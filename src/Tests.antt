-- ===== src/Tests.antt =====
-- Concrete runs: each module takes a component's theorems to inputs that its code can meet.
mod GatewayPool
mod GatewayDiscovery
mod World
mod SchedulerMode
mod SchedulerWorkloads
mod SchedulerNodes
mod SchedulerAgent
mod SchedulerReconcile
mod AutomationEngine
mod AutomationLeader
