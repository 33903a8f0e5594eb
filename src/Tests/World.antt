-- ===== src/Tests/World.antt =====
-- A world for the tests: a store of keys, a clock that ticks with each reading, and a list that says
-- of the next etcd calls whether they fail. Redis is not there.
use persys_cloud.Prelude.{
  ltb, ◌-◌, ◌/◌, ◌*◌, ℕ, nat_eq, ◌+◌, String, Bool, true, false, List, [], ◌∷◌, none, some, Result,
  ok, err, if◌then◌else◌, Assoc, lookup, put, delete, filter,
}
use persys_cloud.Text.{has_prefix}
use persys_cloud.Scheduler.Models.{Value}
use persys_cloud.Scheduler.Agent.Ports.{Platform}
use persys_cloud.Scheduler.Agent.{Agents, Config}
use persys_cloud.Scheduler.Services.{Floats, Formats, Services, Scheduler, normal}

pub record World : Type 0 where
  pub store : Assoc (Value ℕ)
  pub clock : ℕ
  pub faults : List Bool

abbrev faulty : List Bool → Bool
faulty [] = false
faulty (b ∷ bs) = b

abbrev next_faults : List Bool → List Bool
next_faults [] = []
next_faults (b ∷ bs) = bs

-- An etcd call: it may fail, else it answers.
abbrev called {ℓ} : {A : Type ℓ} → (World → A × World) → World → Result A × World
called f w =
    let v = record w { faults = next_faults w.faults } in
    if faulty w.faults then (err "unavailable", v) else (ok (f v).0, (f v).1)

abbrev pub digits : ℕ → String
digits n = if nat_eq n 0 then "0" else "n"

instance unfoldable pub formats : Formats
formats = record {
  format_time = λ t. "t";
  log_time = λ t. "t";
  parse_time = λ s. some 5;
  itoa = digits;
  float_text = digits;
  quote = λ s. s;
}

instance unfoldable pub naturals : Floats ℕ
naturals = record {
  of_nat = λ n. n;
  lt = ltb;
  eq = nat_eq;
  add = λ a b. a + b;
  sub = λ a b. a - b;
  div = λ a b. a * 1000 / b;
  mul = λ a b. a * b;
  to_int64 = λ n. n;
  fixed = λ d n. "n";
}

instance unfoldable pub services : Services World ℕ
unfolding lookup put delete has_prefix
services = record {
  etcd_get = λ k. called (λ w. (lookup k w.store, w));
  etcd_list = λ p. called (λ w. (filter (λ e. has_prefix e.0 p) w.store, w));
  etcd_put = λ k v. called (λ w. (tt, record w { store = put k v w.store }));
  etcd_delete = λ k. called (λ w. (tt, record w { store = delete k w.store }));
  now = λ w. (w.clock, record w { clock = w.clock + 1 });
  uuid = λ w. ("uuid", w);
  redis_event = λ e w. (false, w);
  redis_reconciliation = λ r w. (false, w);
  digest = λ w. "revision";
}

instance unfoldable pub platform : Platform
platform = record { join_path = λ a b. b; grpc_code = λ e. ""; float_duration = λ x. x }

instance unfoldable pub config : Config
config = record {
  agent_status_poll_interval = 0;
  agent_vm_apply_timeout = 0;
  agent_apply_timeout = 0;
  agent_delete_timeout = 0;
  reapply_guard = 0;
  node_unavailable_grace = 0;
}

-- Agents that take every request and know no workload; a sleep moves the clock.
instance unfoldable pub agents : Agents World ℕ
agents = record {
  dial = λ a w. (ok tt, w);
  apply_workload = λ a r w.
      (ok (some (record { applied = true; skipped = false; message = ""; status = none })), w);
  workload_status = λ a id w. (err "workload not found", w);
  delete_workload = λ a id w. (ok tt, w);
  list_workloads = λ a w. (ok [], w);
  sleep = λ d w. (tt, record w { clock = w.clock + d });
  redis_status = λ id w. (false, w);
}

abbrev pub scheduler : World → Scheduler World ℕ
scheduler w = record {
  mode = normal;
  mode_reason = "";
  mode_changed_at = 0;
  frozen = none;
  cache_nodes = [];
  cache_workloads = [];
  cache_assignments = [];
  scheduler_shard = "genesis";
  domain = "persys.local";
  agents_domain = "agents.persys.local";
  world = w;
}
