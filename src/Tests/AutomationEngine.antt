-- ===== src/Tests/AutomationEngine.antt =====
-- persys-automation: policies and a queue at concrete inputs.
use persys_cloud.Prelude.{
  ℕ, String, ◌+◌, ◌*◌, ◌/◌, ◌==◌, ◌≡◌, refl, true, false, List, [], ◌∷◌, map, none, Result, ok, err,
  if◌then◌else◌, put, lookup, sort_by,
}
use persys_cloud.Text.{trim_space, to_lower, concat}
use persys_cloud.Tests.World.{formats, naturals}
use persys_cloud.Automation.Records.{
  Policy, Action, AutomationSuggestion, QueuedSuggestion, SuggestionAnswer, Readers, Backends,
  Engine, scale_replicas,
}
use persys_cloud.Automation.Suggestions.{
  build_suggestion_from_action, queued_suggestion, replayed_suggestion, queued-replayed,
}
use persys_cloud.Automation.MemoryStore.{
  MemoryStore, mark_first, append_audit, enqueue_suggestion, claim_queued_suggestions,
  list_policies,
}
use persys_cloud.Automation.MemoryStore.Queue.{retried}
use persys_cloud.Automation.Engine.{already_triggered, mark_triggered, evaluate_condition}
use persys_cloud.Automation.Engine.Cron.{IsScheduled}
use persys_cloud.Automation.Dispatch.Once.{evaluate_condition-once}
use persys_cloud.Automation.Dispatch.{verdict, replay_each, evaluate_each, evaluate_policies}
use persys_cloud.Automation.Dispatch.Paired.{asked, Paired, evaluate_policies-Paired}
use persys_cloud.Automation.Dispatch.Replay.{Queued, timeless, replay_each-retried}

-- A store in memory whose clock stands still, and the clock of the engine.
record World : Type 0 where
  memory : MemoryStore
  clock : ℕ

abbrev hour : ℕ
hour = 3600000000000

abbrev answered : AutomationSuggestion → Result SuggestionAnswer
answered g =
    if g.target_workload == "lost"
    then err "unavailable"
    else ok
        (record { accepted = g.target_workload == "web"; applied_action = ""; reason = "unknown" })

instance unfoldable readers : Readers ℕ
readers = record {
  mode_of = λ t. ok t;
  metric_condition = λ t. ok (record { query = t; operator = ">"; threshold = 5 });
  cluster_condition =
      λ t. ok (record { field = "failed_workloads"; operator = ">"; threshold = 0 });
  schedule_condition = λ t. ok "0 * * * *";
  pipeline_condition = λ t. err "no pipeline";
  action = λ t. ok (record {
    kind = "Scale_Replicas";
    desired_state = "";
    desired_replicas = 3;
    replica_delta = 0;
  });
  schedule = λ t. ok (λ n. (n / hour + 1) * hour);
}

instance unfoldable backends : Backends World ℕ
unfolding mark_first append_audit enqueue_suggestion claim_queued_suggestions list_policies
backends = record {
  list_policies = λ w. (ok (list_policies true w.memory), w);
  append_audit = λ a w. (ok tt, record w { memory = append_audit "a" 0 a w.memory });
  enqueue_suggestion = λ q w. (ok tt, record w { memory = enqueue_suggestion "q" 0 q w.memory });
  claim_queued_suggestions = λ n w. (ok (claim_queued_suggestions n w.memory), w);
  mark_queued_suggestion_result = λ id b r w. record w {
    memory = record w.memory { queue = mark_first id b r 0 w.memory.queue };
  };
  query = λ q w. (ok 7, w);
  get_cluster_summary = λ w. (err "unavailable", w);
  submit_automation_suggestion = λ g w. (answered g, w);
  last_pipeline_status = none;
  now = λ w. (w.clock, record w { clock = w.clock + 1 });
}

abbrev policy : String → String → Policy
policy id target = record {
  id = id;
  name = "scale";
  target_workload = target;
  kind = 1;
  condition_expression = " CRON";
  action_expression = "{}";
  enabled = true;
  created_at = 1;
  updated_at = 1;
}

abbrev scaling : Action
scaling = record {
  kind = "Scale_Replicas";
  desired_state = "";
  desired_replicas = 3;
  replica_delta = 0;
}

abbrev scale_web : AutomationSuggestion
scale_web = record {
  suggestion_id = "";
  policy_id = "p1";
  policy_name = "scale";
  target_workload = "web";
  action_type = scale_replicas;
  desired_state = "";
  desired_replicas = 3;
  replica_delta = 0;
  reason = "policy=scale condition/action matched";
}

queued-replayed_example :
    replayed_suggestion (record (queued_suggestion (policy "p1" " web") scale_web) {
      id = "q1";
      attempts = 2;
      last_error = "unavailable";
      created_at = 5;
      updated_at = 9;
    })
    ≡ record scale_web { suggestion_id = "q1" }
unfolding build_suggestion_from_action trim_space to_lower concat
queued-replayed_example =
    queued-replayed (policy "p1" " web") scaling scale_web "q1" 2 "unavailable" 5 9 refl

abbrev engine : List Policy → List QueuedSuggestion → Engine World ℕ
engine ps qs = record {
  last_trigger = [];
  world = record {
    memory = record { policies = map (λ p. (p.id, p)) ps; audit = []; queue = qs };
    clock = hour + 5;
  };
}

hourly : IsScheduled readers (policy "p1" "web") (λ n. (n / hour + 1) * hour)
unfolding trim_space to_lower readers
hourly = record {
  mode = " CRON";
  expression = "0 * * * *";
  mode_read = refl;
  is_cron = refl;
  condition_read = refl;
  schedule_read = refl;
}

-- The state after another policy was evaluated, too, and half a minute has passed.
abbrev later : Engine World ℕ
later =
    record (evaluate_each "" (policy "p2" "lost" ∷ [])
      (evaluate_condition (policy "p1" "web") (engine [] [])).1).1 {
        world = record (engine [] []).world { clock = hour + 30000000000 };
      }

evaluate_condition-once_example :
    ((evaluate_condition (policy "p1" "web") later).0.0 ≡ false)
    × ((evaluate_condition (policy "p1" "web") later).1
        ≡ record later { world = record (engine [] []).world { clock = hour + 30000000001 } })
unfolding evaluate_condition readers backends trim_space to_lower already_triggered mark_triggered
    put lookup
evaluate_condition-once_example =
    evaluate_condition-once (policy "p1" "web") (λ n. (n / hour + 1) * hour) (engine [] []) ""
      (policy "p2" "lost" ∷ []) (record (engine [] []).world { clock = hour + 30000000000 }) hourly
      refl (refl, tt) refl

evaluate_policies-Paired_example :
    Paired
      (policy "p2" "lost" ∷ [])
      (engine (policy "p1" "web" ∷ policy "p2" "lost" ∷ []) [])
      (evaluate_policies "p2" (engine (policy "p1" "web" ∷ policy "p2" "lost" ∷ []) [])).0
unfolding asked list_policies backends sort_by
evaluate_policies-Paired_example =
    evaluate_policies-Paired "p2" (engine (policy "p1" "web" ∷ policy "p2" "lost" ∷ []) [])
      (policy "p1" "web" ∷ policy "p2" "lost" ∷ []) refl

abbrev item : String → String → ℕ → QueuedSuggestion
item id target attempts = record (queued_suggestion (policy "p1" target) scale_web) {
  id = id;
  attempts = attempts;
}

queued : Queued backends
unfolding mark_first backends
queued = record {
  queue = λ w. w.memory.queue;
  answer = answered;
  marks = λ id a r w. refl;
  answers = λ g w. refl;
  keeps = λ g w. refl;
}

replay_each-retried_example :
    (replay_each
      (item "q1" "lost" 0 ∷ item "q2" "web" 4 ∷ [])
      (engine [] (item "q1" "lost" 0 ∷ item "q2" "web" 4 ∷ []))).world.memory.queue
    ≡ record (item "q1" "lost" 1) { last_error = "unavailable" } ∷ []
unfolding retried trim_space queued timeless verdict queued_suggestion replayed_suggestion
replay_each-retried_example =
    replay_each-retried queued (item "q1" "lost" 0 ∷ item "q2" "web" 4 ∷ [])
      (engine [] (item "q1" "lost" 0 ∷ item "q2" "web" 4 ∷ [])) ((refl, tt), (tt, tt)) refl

═══

* What the task requires:
Return exactly the lines above from the line that has "answer = answered;" through the line that has "replay_each-retried queued (item", inclusive, and nothing else.

* The completed task:
  answer = answered;
  marks = λ id a r w. refl;
  answers = λ g w. refl;
  keeps = λ g w. refl;
}

replay_each-retried_example :
    (replay_each
      (item "q1" "lost" 0 ∷ item "q2" "web" 4 ∷ [])
      (engine [] (item "q1" "lost" 0 ∷ item "q2" "web" 4 ∷ []))).world.memory.queue
    ≡ record (item "q1" "lost" 1) { last_error = "unavailable" } ∷ []
unfolding retried trim_space queued timeless verdict queued_suggestion replayed_suggestion
replay_each-retried_example =
    replay_each-retried queued (item "q1" "lost" 0 ∷ item "q2" "web" 4 ∷ [])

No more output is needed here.